(LISTED RECORDS begins)
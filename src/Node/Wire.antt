-- ===== src/Node/Wire.antt =====
-- node/node_internal/src/node.rs: messages between nodes as bytes, a type and what follows it.
use stargate.Common.{ℕ, ◌≡◌, refl, [], ◌∷◌, ◌++◌, arith, length, leb, true, ◌<◌}
use stargate.Common.Outcome.{Outcome, ok, err, panic, ◌>>=◌}
use stargate.Common.Slices.{slice, slice_from, to_be_bytes, from_be_bytes}
use stargate.Libra.{Bytes}
use stargate.Messages.{
  MessageType, open_channel_node_negotiate_message, channel_transaction_request,
  channel_transaction_response, error_message, multi_hop_channel_transaction_request,
  router_message, get_type, from_type, NoSuchType,
}

abbrev unwrap : {E A : Type 0} → Outcome NoSuchType A → Outcome E A
unwrap (ok a) = ok a
unwrap (err e) = panic
unwrap panic = panic

unfoldable pub parse_message_type : {E : Type 0} → Bytes → Outcome E MessageType
parse_message_type data_bytes = do
  data_slice ← slice 0 2 data_bytes
  unwrap (from_type (from_be_bytes 0 data_slice))

unfoldable pub add_message_type : Bytes → MessageType → Bytes
add_message_type data_bytes message_type = to_be_bytes 2 (get_type message_type) ++ data_bytes

two_bytes : (a b : ℕ) (rest : Bytes) → leb 2 (length (a ∷ b ∷ rest)) ≡ true
two_bytes a b rest = ground arith

-- the two bytes of a type are read back
parses :
    {E : Type 0} (a b : ℕ) (payload : Bytes) (t : MessageType)
    → unwrap {E = E} (from_type (from_be_bytes 0 (a ∷ b ∷ []))) ≡ ok t
    → parse_message_type {E = E} (a ∷ b ∷ payload) ≡ ok t
unfolding parse_message_type slice
parses a b payload t e = rw (two_bytes a b payload) e

pub parses_type :
    {E : Type 0} (payload : Bytes) (t : MessageType)
    → parse_message_type {E = E} (add_message_type payload t) ≡ ok t
unfolding add_message_type to_be_bytes get_type from_type from_be_bytes
parses_type payload open_channel_node_negotiate_message = parses 0 1 payload _ refl
parses_type payload channel_transaction_request = parses 0 2 payload _ refl
parses_type payload channel_transaction_response = parses 0 3 payload _ refl
parses_type payload error_message = parses 0 4 payload _ refl
parses_type payload multi_hop_channel_transaction_request = parses 0 5 payload _ refl
parses_type payload router_message = parses 0 6 payload _ refl

pub keeps_payload :
    {E : Type 0} (payload : Bytes) (t : MessageType)
    → slice_from {E = E} 2 (add_message_type payload t) ≡ ok payload
unfolding add_message_type to_be_bytes slice_from
keeps_payload payload t = rw (two_bytes _ _ payload) refl

too_short :
    {E : Type 0} (short : Bytes) → length short < 2 → parse_message_type {E = E} short ≡ panic
unfolding parse_message_type slice
too_short short h = ground (arith, h)

-- What a node puts on the wire under a message type is read with that type, and what follows the type
-- is what was put there; a message of fewer than two bytes makes the reader panic.
parse-add_message_type :
    {E : Type 0} (payload : Bytes) (t : MessageType) (short : Bytes)
    → length short < 2
    → (parse_message_type {E = E} (add_message_type payload t) ≡ ok t)
      × (slice_from {E = E} 2 (add_message_type payload t) ≡ ok payload)
      × (parse_message_type {E = E} short ≡ panic)
parse-add_message_type payload t short h =
    (parses_type payload t, keeps_payload payload t, too_short short h)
(LISTED RECORDS ends)
REQUIRED WORK:
Nothing in the records may be dropped; reproduce them exactly.

SOLVED EXERCISE:
filename src/Node/Wire.antt
-- ===== src/Node/Wire.antt =====
-- node/node_internal/src/node.rs: messages between nodes as bytes, a type and what follows it.
use stargate.Common.{ℕ, ◌≡◌, refl, [], ◌∷◌, ◌++◌, arith, length, leb, true, ◌<◌}
use stargate.Common.Outcome.{Outcome, ok, err, panic, ◌>>=◌}
use stargate.Common.Slices.{slice, slice_from, to_be_bytes, from_be_bytes}
use stargate.Libra.{Bytes}
use stargate.Messages.{
  MessageType, open_channel_node_negotiate_message, channel_transaction_request,
  channel_transaction_response, error_message, multi_hop_channel_transaction_request,
  router_message, get_type, from_type, NoSuchType,
}

abbrev unwrap : {E A : Type 0} → Outcome NoSuchType A → Outcome E A
unwrap (ok a) = ok a
unwrap (err e) = panic
unwrap panic = panic

unfoldable pub parse_message_type : {E : Type 0} → Bytes → Outcome E MessageType
parse_message_type data_bytes = do
  data_slice ← slice 0 2 data_bytes
  unwrap (from_type (from_be_bytes 0 data_slice))

unfoldable pub add_message_type : Bytes → MessageType → Bytes
add_message_type data_bytes message_type = to_be_bytes 2 (get_type message_type) ++ data_bytes

two_bytes : (a b : ℕ) (rest : Bytes) → leb 2 (length (a ∷ b ∷ rest)) ≡ true
two_bytes a b rest = ground arith

-- the two bytes of a type are read back
parses :
    {E : Type 0} (a b : ℕ) (payload : Bytes) (t : MessageType)
    → unwrap {E = E} (from_type (from_be_bytes 0 (a ∷ b ∷ []))) ≡ ok t
    → parse_message_type {E = E} (a ∷ b ∷ payload) ≡ ok t
unfolding parse_message_type slice
parses a b payload t e = rw (two_bytes a b payload) e

pub parses_type :
    {E : Type 0} (payload : Bytes) (t : MessageType)
    → parse_message_type {E = E} (add_message_type payload t) ≡ ok t
unfolding add_message_type to_be_bytes get_type from_type from_be_bytes
parses_type payload open_channel_node_negotiate_message = parses 0 1 payload _ refl
parses_type payload channel_transaction_request = parses 0 2 payload _ refl
parses_type payload channel_transaction_response = parses 0 3 payload _ refl
parses_type payload error_message = parses 0 4 payload _ refl
parses_type payload multi_hop_channel_transaction_request = parses 0 5 payload _ refl
parses_type payload router_message = parses 0 6 payload _ refl

pub keeps_payload :
    {E : Type 0} (payload : Bytes) (t : MessageType)
    → slice_from {E = E} 2 (add_message_type payload t) ≡ ok payload
unfolding add_message_type to_be_bytes slice_from
keeps_payload payload t = rw (two_bytes _ _ payload) refl

too_short :
    {E : Type 0} (short : Bytes) → length short < 2 → parse_message_type {E = E} short ≡ panic
unfolding parse_message_type slice
too_short short h = ground (arith, h)

-- What a node puts on the wire under a message type is read with that type, and what follows the type
-- is what was put there; a message of fewer than two bytes makes the reader panic.
parse-add_message_type :
    {E : Type 0} (payload : Bytes) (t : MessageType) (short : Bytes)
    → length short < 2
    → (parse_message_type {E = E} (add_message_type payload t) ≡ ok t)
      × (slice_from {E = E} 2 (add_message_type payload t) ≡ ok payload)
      × (parse_message_type {E = E} short ≡ panic)
parse-add_message_type payload t short h =
    (parses_type payload t, keeps_payload payload t, too_short short h)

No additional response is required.